BEGIN DATA IN THIS EXERCISE

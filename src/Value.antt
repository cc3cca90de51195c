-- ===== src/Value.antt =====
-- Go's `any` as it comes out of `encoding/json`, with the typed `[]string` and `[]map[string]any`
-- that the code tells apart. A `map[string]any` is a list of fields; a number is carried as its text.
use outlook_agent.Prelude.{
  Bool, List, Option, String, arith, eq_iff, if◌then◌else◌, none, some, ◌==◌, ◌≡◌,
}

mutual
  pub data Value : Type 0 where
    null : Value
    bool : Bool → Value
    number : String → Value
    text : String → Value
    strings : List String → Value
    array : Items → Value
    object : Fields → Value
    -- a typed `[]map[string]any`
    maps : Items → Value

  pub data Items : Type 0 where
    nil : Items
    cons : Value → Items → Items

  pub data Fields : Type 0 where
    end : Fields
    field : String → Value → Fields → Fields

-- value, ok := m[k]
unfoldable pub lookup_field : String → Fields → Option Value
lookup_field k end = none
lookup_field k (field j v fs) = if j == k then some v else lookup_field k fs

-- m[k], which is nil on a missing key
unfoldable pub get_field : String → Fields → Value
unfolding lookup_field
get_field k fs = elim (lookup_field k fs) [ none ↦ null | some v ↦ v ]

-- delete(m, k)
unfoldable pub delete_field : String → Fields → Fields
delete_field k end = end
delete_field k (field j v fs) =
    let rest = delete_field k fs in if j == k then rest else field j v rest

-- m[k] = v
unfoldable pub set_field : String → Value → Fields → Fields
unfolding delete_field
set_field k v fs = field k v (delete_field k fs)

-- m, _ := v.(map[string]any)
unfoldable pub as_fields : Value → Fields
as_fields (object fs) = fs
as_fields _ = end

-- s, _ := v.(string)
unfoldable pub as_text : Value → String
as_text (text s) = s
as_text _ = ""

pub lookup_field-delete_field :
    (k j : String) (fs : Fields)
    → lookup_field j (delete_field k fs) ≡ (if k == j then none else lookup_field j fs)
unfolding lookup_field delete_field
lookup_field-delete_field k j end = ground arith
lookup_field-delete_field k j (field i v fs) =
    ground (arith, lookup_field-delete_field k j fs, eq_iff i k, eq_iff i j, eq_iff k j)

pub lookup_field-set_field :
    (k j : String) (v : Value) (fs : Fields)
    → lookup_field j (set_field k v fs) ≡ (if k == j then some v else lookup_field j fs)
unfolding lookup_field set_field
lookup_field-set_field k j v fs = rw (lookup_field-delete_field k j fs) (ground (arith, eq_iff k j))
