-- ===== src/Server/Targets.antt =====
-- The class of a request and the explicit targets of its payload.
use outlook_agent.Prelude.{
  Bool, List, String, [], false, if◌then◌else◌, nat_eq, not, true, ℕ, ◌&&◌, ◌+◌, ◌==◌, ◌||◌, ◌∷◌,
}
use outlook_agent.Prelude.Text.{is_blank}
use outlook_agent.Policy.{
  Decision, SafetyClass, destructive, evaluate_confirmed, reversible_bulk, reversible_single_item,
  send_like, settings_or_rules, unknown,
}
use outlook_agent.Action.{Definition}
use outlook_agent.Value.{
  Fields, Items, Value, array, maps, as_fields, as_text, bool, cons, end, field, get_field, nil,
  null, number, object, strings, text,
}

abbrev pub count_text : String → ℕ
count_text s = if is_blank s then 0 else 1

abbrev pub count_strings : List String → ℕ
count_strings [] = 0
count_strings (s ∷ rest) = count_text s + count_strings rest

-- countExplicitTargetValue; `count_key` is its value at the field of that name
unfoldable mutual
  pub count_explicit_target_value : Value → ℕ
  count_explicit_target_value null = 0
  count_explicit_target_value (bool b) = 0
  count_explicit_target_value (number n) = 0
  count_explicit_target_value (text s) = count_text s
  count_explicit_target_value (strings xs) = count_strings xs
  count_explicit_target_value (maps items) = 0
  count_explicit_target_value (array items) = count_items items
  count_explicit_target_value (object fields) =
      if nat_eq (count_key "id" fields) 1
      then 1
      else if nat_eq (count_key "Id" fields) 1
      then 1
      else 0

  pub count_items : Items → ℕ
  count_items nil = 0
  count_items (cons v rest) = count_explicit_target_value v + count_items rest

  pub count_key : String → Fields → ℕ
  count_key k end = 0
  count_key k (field j v rest) = if j == k then count_explicit_target_value v else count_key k rest

-- countExplicitTargetValue(body[key]) == 1 for one of the keys
unfoldable pub has_one_target : List String → Fields → Bool
has_one_target [] body = false
has_one_target (k ∷ keys) body =
    nat_eq (count_explicit_target_value (get_field k body)) 1 || has_one_target keys body

abbrev pub body_of : Fields → Fields
body_of payload = as_fields (get_field "Body" payload)

unfoldable pub has_body_explicit_target : List String → Fields → Bool
unfolding has_one_target
has_body_explicit_target keys payload = has_one_target keys (body_of payload)

unfoldable pub has_explicit_target : Fields → Bool
unfolding has_one_target
has_explicit_target payload =
    not (as_text (get_field "id" payload) == "")
    || not (as_text (get_field "attachment_id" payload) == "")
    || nat_eq (count_explicit_target_value (get_field "ids" payload)) 1
    || has_one_target ("ItemIds" ∷ "ItemId" ∷ "AttachmentIds" ∷ "AttachmentId" ∷ [])
        (body_of payload)

unfoldable pub has_explicit_target_for_action : String → Fields → Bool
unfolding has_body_explicit_target has_explicit_target
has_explicit_target_for_action action payload =
    if action == "GetItem"
    then has_body_explicit_target ("ItemIds" ∷ "ItemId" ∷ []) payload
    else if action == "GetAttachment"
    then has_body_explicit_target ("AttachmentIds" ∷ "AttachmentId" ∷ []) payload
    else if action == "SearchMailboxes"
    then false
    else has_explicit_target payload

unfoldable pub is_move_to_deleted_items : String → Fields → Bool
is_move_to_deleted_items action payload =
    if not (action == "DeleteItem") && not (action == "DeleteFolder")
    then false
    else as_text (get_field "DeleteType" (body_of payload)) == "MoveToDeletedItems"

unfoldable pub is_reversible_message_mutation_action : String → Bool
is_reversible_message_mutation_action action =
    action == "mail.move_to_folder"
    || action == "mail.archive"
    || action == "mail.flag"
    || action == "mail.categorize"
    || action == "mail.mark_read"

-- the first definition of that name
unfoldable pub safety_class_for : List Definition → String → SafetyClass
safety_class_for [] action = unknown
safety_class_for (d ∷ rest) action =
    if d.name == action then d.class else safety_class_for rest action

abbrev is_destructive : SafetyClass → Bool
is_destructive destructive = true
is_destructive c = false

unfoldable pub safety_class_for_payload : List Definition → String → Fields → SafetyClass
unfolding is_move_to_deleted_items is_reversible_message_mutation_action
safety_class_for_payload actions action payload =
    let class = safety_class_for actions action in
    if is_destructive class && is_move_to_deleted_items action payload
    then reversible_bulk
    else if is_reversible_message_mutation_action action
    then (if nat_eq (count_explicit_target_value (get_field "ids" payload)) 1
        then reversible_single_item
        else reversible_bulk)
    else class

unfoldable pub confirmed_action_decision : List Definition → String → Fields → Bool → Decision
confirmed_action_decision actions action payload unsafe_mode = evaluate_confirmed (record {
  class = safety_class_for_payload actions action payload;
  explicit_target = has_explicit_target_for_action action payload;
  explicit_intent = false;
  unsafe_mode = unsafe_mode;
  sends_message = false;
})

unfoldable pub requires_approval_for_class : SafetyClass → Bool
requires_approval_for_class reversible_bulk = true
requires_approval_for_class destructive = true
requires_approval_for_class send_like = true
requires_approval_for_class settings_or_rules = true
requires_approval_for_class unknown = true
requires_approval_for_class c = false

END DATA IN THIS EXERCISE

WHAT TO DO: The output must consist solely of the lines from the first line of the records through the line containing "array : Items → Value", reproduced exactly.

RESPONSE TO THIS EXERCISE:
filename src/Value.antt
repository cc3cca90de51195c
-- ===== src/Value.antt =====
-- Go's `any` as it comes out of `encoding/json`, with the typed `[]string` and `[]map[string]any`
-- that the code tells apart. A `map[string]any` is a list of fields; a number is carried as its text.
use outlook_agent.Prelude.{
  Bool, List, Option, String, arith, eq_iff, if◌then◌else◌, none, some, ◌==◌, ◌≡◌,
}

mutual
  pub data Value : Type 0 where
    null : Value
    bool : Bool → Value
    number : String → Value
    text : String → Value
    strings : List String → Value
    array : Items → Value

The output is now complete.